Floyd McClung wrote the following: “One can be a missionary and be unspiritual, and a businessperson and be deeply spiritual. One can avoid attending church on Sunday but be an active member of a disciple making community that worships on Friday nights, and be spiritual. The day of the we…
By Seth Barnes
By Seth Barnes

Floyd McClung wrote the following: “One
can be a missionary and be unspiritual, and a businessperson and be deeply
spiritual. One can avoid attending church on Sunday but be an active member of
a disciple making community that worships on Friday

nights, and be spiritual.
The day of the week you gather with other believers does not make one
spiritual. Being like Jesus does.

Pseudo-spirituality is attractive only if we don’t experience true life.
Pseudo-spirituality seeks growth from establishing false boundaries, ways of
guaranteeing spiritual growth. The boundaries we establish are often highly
visual but relationally superficial practices that allow ourselves a modicum of
security in regards to being “spiritual.” But Jesus taught that we are not to
be conformed to religious rules and sub-cultures, but rather to be transformed
by simple faith.

True spiritual faith is dangerous because there is no way to guarantee one
has it. No religious practice, no belief, nothing can produce such faith. Such
faith is a personal response not a practice or belief. Sometimes orthodoxy is
over-rated. Faith is trust in a person, not espousing a set of beliefs.

How do we guard against pseudo-spirituality? By recognizing it’s ugly
presence, not in others, but in our selves. Pseudo-spirituality occurs when we
seek the appearance of being spiritual. We can tell it’s root system is growing
deep in us when we become judgmental, exclusive or proud.

Our spirituality is inauthentic if we become less approachable human beings
as our responsibilities in life increase. Think about Jesus.

We are pseudo-spiritual if our spirituality is not resulting in us becoming
more like Jesus. He is the true standard. To be spiritual is not to be weird.

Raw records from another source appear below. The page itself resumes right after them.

-- ===== src/Registry/Scheduled/Named.antt =====
-- Each scheduled item stands under the key of its own issue.
use symphonika.Base.{String, List, [], ◌∷◌, ◌≡◌, refl, arith, inl, inr, eq_iff}
use symphonika.Base.Tests.{Option-cases}
use symphonika.Base.Maps.{Dict, put, delete}
use symphonika.Registry.InFlight.{issue_key}
use symphonika.Registry.Scheduled.{
  ScheduledItem, schedule_delayed, timer_fired, find_timer, cancel_all, item_of, input_key,
}
use symphonika.Registry.Scheduled.Account.{Event, schedule, elapse, stop, History, begin, step, run}

abbrev pub Keyed : Dict ScheduledItem → Type 0
Keyed [] = Unit
Keyed ((k, i) ∷ m) = (k ≡ issue_key i.project_name i.issue_number) × Keyed m

Keyed-put :
    (k : String) (i : ScheduledItem) (m : Dict ScheduledItem)
    → k ≡ issue_key i.project_name i.issue_number
    → Keyed m
    → Keyed (put k i m)
Keyed-put k i [] p h = (p, tt)
Keyed-put k i ((j, w) ∷ m) p h = ground (arith, eq_iff j k, Keyed-put k i m p h.1)

Keyed-delete : (k : String) (m : Dict ScheduledItem) → Keyed m → Keyed (delete k m)
Keyed-delete k [] h = tt
Keyed-delete k ((j, w) ∷ m) h = ground (arith, Keyed-delete k m h.1)

step-Keyed :
    (h : History) (e : Event) → Keyed h.registry.scheduled → Keyed (step h e).registry.scheduled
unfolding step schedule_delayed timer_fired cancel_all
step-Keyed h (schedule now input) v = ground (
  arith,
  Keyed-put (input_key input) (item_of now h.registry.next_timer input) h.registry.scheduled refl v,
)
step-Keyed h (elapse t) v = elim (Option-cases (find_timer t h.registry.armed)) [
  | inl e ↦ ground arith
  | inr (x, e) ↦ ground (arith, Keyed-delete x.key h.registry.scheduled v)
]
step-Keyed h stop v = tt

run-Keyed :
    (h : History) (es : List Event)
    → Keyed h.registry.scheduled
    → Keyed (run h es).registry.scheduled
unfolding run
run-Keyed h [] v = v
run-Keyed h (e ∷ es) v = run-Keyed (step h e) es (step-Keyed h e v)

-- So it is after every history.
pub begin-Keyed : (es : List Event) → Keyed (run begin es).registry.scheduled
begin-Keyed es = run-Keyed begin es tt
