-- ===== src/Registry/Reservations/Keys.antt =====
-- The listing of reserved issues against the test for one issue.
use symphonika.Base.{
  ℕ, String, ◌||◌, inl, inr, sym, List, [], ◌∷◌, map, ◌≡◌, refl, arith, eq_iff, str_eq,
}
use symphonika.Base.Tests.{Bool-cases}
use symphonika.Base.Lists.{member, Unique}
use symphonika.Base.Maps.{Dict, put, keys, values, Unique-put}
use symphonika.Registry.InFlight
use symphonika.Registry.InFlight.{Entry, IssueKey, issue_key, has, is_issue_in_flight}
use symphonika.Registry.InFlight.Locks.{locks}
use symphonika.Registry.InFlight.Trace.{run-IsConsistent}
use symphonika.Registry.InFlight.Trace
use symphonika.Registry.Scheduled
use symphonika.Registry.Scheduled.{ScheduledItem, is_issue_scheduled}
use symphonika.Registry.Scheduled.Account
use symphonika.Registry.Scheduled.Named.{Keyed, begin-Keyed}
use symphonika.Registry.Reservations.{is_issue_reserved, set_all, key_map, issue_keys}

abbrev pub texts : List IssueKey → List String
texts [] = []
texts (k ∷ ks) = issue_key k.project k.number ∷ texts ks

member-put :
    (j k : String) (v : IssueKey) (m : Dict IssueKey)
    → member j (keys (put k v m)) ≡ (str_eq k j || member j (keys m))
member-put j k v [] = refl
member-put j k v ((i, w) ∷ m) =
    ground (arith, member-put j k v m, eq_iff i k, eq_iff i j, eq_iff k j)

member-set_all :
    (j : String) (ks : List IssueKey) (m : Dict IssueKey)
    → member j (keys (set_all ks m)) ≡ (member j (texts ks) || member j (keys m))
member-set_all j [] m = refl
member-set_all j (k ∷ ks) m = ground (
  arith,
  member-set_all j ks (put (issue_key k.project k.number) k m),
  member-put j (issue_key k.project k.number) k m,
)

Unique-set_all :
    (ks : List IssueKey) (m : Dict IssueKey) → Unique (keys m) → Unique (keys (set_all ks m))
Unique-set_all [] m u = u
Unique-set_all (k ∷ ks) m u =
    Unique-set_all ks (put (issue_key k.project k.number) k m)
      (Unique-put (issue_key k.project k.number) k m u)

texts-locks : (m : Dict Entry) → texts (map InFlight.key_of (values m)) ≡ locks m
texts-locks [] = refl
texts-locks ((k, e) ∷ m) = cc (texts-locks m)

texts-items : (m : Dict ScheduledItem) → Keyed m → texts (map Scheduled.key_of (values m)) ≡ keys m
texts-items [] h = refl
texts-items ((k, i) ∷ m) h = cc (texts-items m h.1, h.0)

has-member : (j : String) (m : Dict ScheduledItem) → has j m ≡ member j (keys m)
unfolding has
has-member j [] = refl
has-member j ((i, w) ∷ m) = ground (arith, has-member j m)

-- Each issue in the map stands under its own key.
abbrev Own : Dict IssueKey → Type 0
Own [] = Unit
Own ((j, w) ∷ m) = (issue_key w.project w.number ≡ j) × Own m

Own-put : (v : IssueKey) (m : Dict IssueKey) → Own m → Own (put (issue_key v.project v.number) v m)
Own-put v [] h = (refl, tt)
Own-put v ((j, w) ∷ m) h = elim (Bool-cases (str_eq j (issue_key v.project v.number))) [
  | inl k ↦ rw k (sym ((eq_iff j (issue_key v.project v.number)).0 k), h.1)
  | inr k ↦ rw k (h.0, Own-put v m h.1)
]

Own-set_all : (ks : List IssueKey) (m : Dict IssueKey) → Own m → Own (set_all ks m)
Own-set_all [] m h = h
Own-set_all (k ∷ ks) m h = Own-set_all ks (put (issue_key k.project k.number) k m) (Own-put k m h)

texts-keys : (m : Dict IssueKey) → Own m → texts (values m) ≡ keys m
texts-keys [] h = refl
texts-keys ((j, w) ∷ m) h = rw (h.0, texts-keys m h.1) refl

-- After any calls on the two registries, the listing of reserved issues has an issue with the key of
-- the given one exactly if that one is reserved, and has no two with one key.
pub reserved_listed :
    (cs : List InFlight.Trace.Command) (es : List Scheduled.Account.Event) (project : String)
    (number : ℕ)
    → let runs = InFlight.Trace.run InFlight.empty cs in
      let work = (Scheduled.Account.run Scheduled.Account.begin es).registry in
      (member (issue_key project number) (texts (issue_keys runs work))
        ≡ is_issue_reserved runs work project number)
      × Unique (texts (issue_keys runs work))
unfolding issue_keys key_map is_issue_reserved is_issue_in_flight is_issue_scheduled
    InFlight.issue_keys Scheduled.issue_keys
reserved_listed cs es project number = rw own (
  listed,
  Unique-set_all (map Scheduled.key_of (values work.scheduled))
      (set_all (map InFlight.key_of (values runs.entries)) [])
      (Unique-set_all (map InFlight.key_of (values runs.entries)) [] tt),
)
  where
    runs : InFlight.Registry
    runs = InFlight.Trace.run InFlight.empty cs

    work : Scheduled.Registry
    work = (Scheduled.Account.run Scheduled.Account.begin es).registry

    own :
        texts (
          values (
            set_all
              (map Scheduled.key_of (values work.scheduled))
              (set_all (map InFlight.key_of (values runs.entries)) [])))
        ≡ keys (
            set_all
              (map Scheduled.key_of (values work.scheduled))
              (set_all (map InFlight.key_of (values runs.entries)) []))
    own =
        texts-keys
          (set_all (map Scheduled.key_of (values work.scheduled))
            (set_all (map InFlight.key_of (values runs.entries)) []))
          (Own-set_all (map Scheduled.key_of (values work.scheduled))
            (set_all (map InFlight.key_of (values runs.entries)) [])
            (Own-set_all (map InFlight.key_of (values runs.entries)) [] tt))

    k : String
    k = issue_key project number

    listed :
        member k (
          keys (
            set_all
              (map Scheduled.key_of (values work.scheduled))
              (set_all (map InFlight.key_of (values runs.entries)) [])))
        ≡ (member k runs.issue_locks || has k work.scheduled)
    listed = ground (
      arith,
      member-set_all k (map Scheduled.key_of (values work.scheduled))
          (set_all (map InFlight.key_of (values runs.entries)) []),
      member-set_all k (map InFlight.key_of (values runs.entries)) [],
      texts-locks runs.entries,
      (run-IsConsistent cs).locks_match,
      texts-items work.scheduled (begin-Keyed es),
      has-member k work.scheduled,
    )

True spirituality involves death, but not imposed death or shame-based
death. To be truly alive we go through a death process to what is not real or
alive or truthful in us. To be free is to die to our false self.”

Comments (4)

  • Hi!
    I’m doing some research on Liberal theology at the moment and I’m reading JG Machen’s Christianty and Liberalism. He said that the Liberals of his day were saying:

    Should not our trust be in a Person rather than in a message?…Christianity is a life, not a doctrine…creeds are merely the changing expression of a unitary Christian experience.

    You say here that “Faith is trust in a person, not espousing a set of beliefs” – that sounds exactly like the Liberals were saying 100 years ago. It doesn’t matter what you believe as long as you trust in Jesus (as if you can or should divorce trusting in Jesus from beliefs about him)

    Would you care to comment?

    regards, Jim

  • sure, Jim. First of all, clearly there is a need for sound doctrine. the practice of our faith must be based on the strong foundation of sound doctrine. Of course our belief must be grounded or it is purely subjective.

    But what is faith really? Faith is spelled R-I-S-K. It is a muscle that is exercised, primarily in the realm of human interaction. When we trust people, we take a risk that they will abuse that trust.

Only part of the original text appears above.